El capitán frunció las cejas.

—¿Me pides que no intervenga antes de mañana a la noche? Bueno, bueno, Albert. No comprendo muy bien tus razones, pero estableceremos ese plazo. Gracias.

El confidente seguía hablando al otro extremo del hilo. Anizé sonrió: «¡Ese granuja de Albert pretende cobrar por los dos lados!», pensó.

—Bien, bien, Albert. Si la operación tiene éxito, recibirás la suma convenida. No te preocupes que la cobrarás. ¿Cómo? ¿Qué cuentas aún?
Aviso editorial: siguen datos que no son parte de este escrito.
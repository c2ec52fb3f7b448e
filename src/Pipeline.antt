-- ===== src/Pipeline.antt =====
-- The agent's backup pipeline: apps/agent/internal/pipeline.
pub mod Encrypt
pub mod Tail
pub mod HookRing
pub mod Hooks
pub mod Request
pub mod Stages
pub mod Runner
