-- ===== src/Pipeline/Encrypt/Ending.antt =====
-- The end of the loops of encrypt.go, with the length of the input as their fuel.
use backupy_agent.Prelude.{
  [], ◌∷◌, ℕ, zero, suc, ◌<◌, ◌≡◌, ◌≢◌, refl, Option, none, some, length, err, arith, length-drop,
  Option-cases, inl, inr, take,
}
use backupy_agent.Prelude.Bytes.{Bytes}
use backupy_agent.Io.{Reader, Writer, read_full}
use backupy_agent.Cipher.{Aead, Random}
use backupy_agent.Pipeline.Encrypt.{
  StreamState, CryptError, out_of_fuel, Round, again, stop, fail, stream_round, stream_loop, stream,
  finish, write_frame, seal_chunk, chunk_plain_size,
}

module _ (aead : Aead) (rand : Random) (size : ℕ) (pos : 0 < size) where
  seal_chunk_keeps :
      (p : Bytes) (s : StreamState) → (seal_chunk aead rand size p s).1.source ≡ s.source
  unfolding seal_chunk
  seal_chunk_keeps [] s = refl
  seal_chunk_keeps (b ∷ bs) s = ground arith

  write_frame_has_fuel : (n ct : Bytes) (w : Writer) → (write_frame n ct w).0 ≢ some out_of_fuel
  unfolding write_frame
  write_frame_has_fuel n ct w h = ground arith

  seal_chunk_has_fuel :
      (p : Bytes) (s : StreamState) → (seal_chunk aead rand size p s).0 ≢ some out_of_fuel
  unfolding seal_chunk
  seal_chunk_has_fuel [] s h = cc
  seal_chunk_has_fuel (b ∷ bs) s h = elim (Option-cases (rand s.draws)) [
    | inl e ↦ ground arith
    | inr (n, e) ↦ ground (arith, write_frame_has_fuel n (aead.seal n (b ∷ bs)) s.out)
  ]

  round_takes :
      (s : StreamState) {s' : StreamState}
      → stream_round aead rand size s ≡ again s'
      → length s'.source.bytes < length s.source.bytes
  unfolding stream_round read_full
  round_takes s h = ground (
    arith,
    seal_chunk_keeps (take size s.source.bytes)
        (record s { source = (read_full size s.source).rest }),
    length-drop size s.source.bytes,
  )

  round_has_fuel :
      (s : StreamState) (e : CryptError) {s' : StreamState}
      → stream_round aead rand size s ≡ fail e s'
      → e ≢ out_of_fuel
  unfolding stream_round
  round_has_fuel s e h q = ground (
    arith,
    seal_chunk_has_fuel (read_full size s.source).got
        (record s { source = (read_full size s.source).rest }),
  )

  loop-again :
      (fuel : ℕ) (s : StreamState) {s' : StreamState}
      → stream_round aead rand size s ≡ again s'
      → stream_loop aead rand size (suc fuel) s ≡ stream_loop aead rand size fuel s'
  unfolding stream_loop
  loop-again fuel s h = ground arith

  loop-stop :
      (fuel : ℕ) (s : StreamState) {s' : StreamState}
      → stream_round aead rand size s ≡ stop s'
      → (stream_loop aead rand size (suc fuel) s).0 ≢ err out_of_fuel
  unfolding stream_loop finish
  loop-stop fuel s h q = ground arith

  loop-fail :
      (fuel : ℕ) (s : StreamState) {e : CryptError} {s' : StreamState}
      → stream_round aead rand size s ≡ fail e s'
      → stream_loop aead rand size (suc fuel) s ≡ (err e, s')
  unfolding stream_loop
  loop-fail fuel s h = ground arith

  stream_loop_ends :
      (fuel : ℕ) (s : StreamState)
      → length s.source.bytes < fuel
      → (stream_loop aead rand size fuel s).0 ≢ err out_of_fuel
  stream_loop_ends zero s lt = absurd (omega arith)
  stream_loop_ends (suc fuel) s lt =
      from (stream_round aead rand size s) refl (stream_loop_ends fuel)
    where
      from :
          (r : Round)
          → stream_round aead rand size s ≡ r
          → ((s' : StreamState)
              → length s'.source.bytes < fuel
              → (stream_loop aead rand size fuel s').0 ≢ err out_of_fuel)
          → (stream_loop aead rand size (suc fuel) s).0 ≢ err out_of_fuel
      from (again s') e ih = rw (loop-again fuel s e) (ih s' (omega (arith, round_takes s e)))
      from (stop s') e ih = loop-stop fuel s e
      from (fail x s') e ih =
          rw (loop-fail fuel s e)
            (λ q. let x_fuel : x ≡ out_of_fuel = cc in round_has_fuel s x e x_fuel)

-- `Stream` ends on every input, with every encryptor, source of randomness and writer.
pub stream_ends :
    (aead : Option Aead) (rand : Random) (source : Reader) (out : Writer)
    → (stream aead rand source out).0 ≢ err out_of_fuel
unfolding stream
stream_ends none rand source out = λ q. cc
stream_ends (some aead) rand source out =
    stream_loop_ends aead rand chunk_plain_size (omega arith) (suc (length source.bytes)) _
      (omega arith)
Apretó la oreja contra el auricular y un reflejo divertido animó sus ojos fríos.

—¿Que el americano te ha hablado de droga? ¿Que le gustaría descubrir los hilos del tráfico para hacer un reportaje?

El capitán se aguantó la carcajada.

—Eso es interesante, Albert. Gracioso, incluso. ¿Crees que podrás ayudarle en ese terreno? Ya sabes que hace falta conocer... ¿Lo conoces tú?

La sonrisa del capitán duplicó su volumen al escuchar la medrosa negativa de Albert.

—¿O sea que tú no conoces nada de ese tráfico? Pues es una lástima. ¡Tú sólo conoces la pacotilla, los pequeños revendedores, los que te suministran! Desde luego, ésos no tienen ningún interés... Pero trata de encontrar algo más arriba. Inténtalo, Albert... No para tu americano sino para mí. Inténtalo, Albert. Hazme ese favor.

La voz del capitán había cambiado. Se había endurecido brutalmente.

—Inténtalo, Albert. Si quieres que continuemos siendo buenos amigos, inténtalo.

Y, desaparecida su sonrisa, colgó sin más explicaciones.